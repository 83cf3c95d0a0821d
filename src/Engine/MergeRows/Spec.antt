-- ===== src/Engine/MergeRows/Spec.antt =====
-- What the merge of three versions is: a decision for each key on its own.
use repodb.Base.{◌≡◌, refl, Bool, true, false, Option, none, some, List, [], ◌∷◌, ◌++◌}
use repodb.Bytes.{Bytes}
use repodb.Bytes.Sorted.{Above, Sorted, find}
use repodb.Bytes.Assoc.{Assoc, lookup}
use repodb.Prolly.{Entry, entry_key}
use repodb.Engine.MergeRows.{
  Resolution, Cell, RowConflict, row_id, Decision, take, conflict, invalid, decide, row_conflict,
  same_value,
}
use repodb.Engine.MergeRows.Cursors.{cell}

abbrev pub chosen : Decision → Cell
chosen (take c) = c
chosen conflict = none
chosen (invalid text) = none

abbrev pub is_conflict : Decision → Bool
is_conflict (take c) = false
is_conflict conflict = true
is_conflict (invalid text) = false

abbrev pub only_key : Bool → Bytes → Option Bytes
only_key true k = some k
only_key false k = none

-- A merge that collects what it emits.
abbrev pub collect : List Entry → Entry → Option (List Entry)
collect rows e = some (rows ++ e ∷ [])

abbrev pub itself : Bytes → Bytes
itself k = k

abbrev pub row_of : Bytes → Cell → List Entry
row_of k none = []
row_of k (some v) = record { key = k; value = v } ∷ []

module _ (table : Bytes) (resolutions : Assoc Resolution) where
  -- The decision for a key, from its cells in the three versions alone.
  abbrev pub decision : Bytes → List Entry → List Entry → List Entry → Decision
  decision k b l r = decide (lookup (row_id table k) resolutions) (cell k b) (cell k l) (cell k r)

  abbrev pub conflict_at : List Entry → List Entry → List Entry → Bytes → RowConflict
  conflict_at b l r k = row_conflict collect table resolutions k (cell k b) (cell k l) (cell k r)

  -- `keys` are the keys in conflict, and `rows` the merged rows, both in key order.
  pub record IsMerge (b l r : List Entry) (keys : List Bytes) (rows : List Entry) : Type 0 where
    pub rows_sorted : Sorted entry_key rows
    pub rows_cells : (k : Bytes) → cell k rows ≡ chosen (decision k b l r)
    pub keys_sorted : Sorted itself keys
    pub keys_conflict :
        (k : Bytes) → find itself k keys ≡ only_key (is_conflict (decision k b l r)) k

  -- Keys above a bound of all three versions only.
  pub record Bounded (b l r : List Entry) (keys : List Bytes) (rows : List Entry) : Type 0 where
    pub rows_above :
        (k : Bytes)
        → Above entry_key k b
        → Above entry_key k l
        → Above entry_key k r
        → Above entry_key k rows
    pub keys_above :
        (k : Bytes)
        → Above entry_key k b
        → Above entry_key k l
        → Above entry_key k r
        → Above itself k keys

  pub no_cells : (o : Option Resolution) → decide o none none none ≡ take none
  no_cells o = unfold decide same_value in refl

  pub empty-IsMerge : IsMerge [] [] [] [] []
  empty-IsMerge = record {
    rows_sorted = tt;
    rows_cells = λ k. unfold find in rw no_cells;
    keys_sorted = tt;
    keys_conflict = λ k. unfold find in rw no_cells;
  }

** TRY IT **
Filter the records for the string "RowConflict" and copy every line that holds it.

** REPLY **
  Resolution, Cell, RowConflict, row_id, Decision, take, conflict, invalid, decide, row_conflict,
  abbrev pub conflict_at : List Entry → List Entry → List Entry → Bytes → RowConflict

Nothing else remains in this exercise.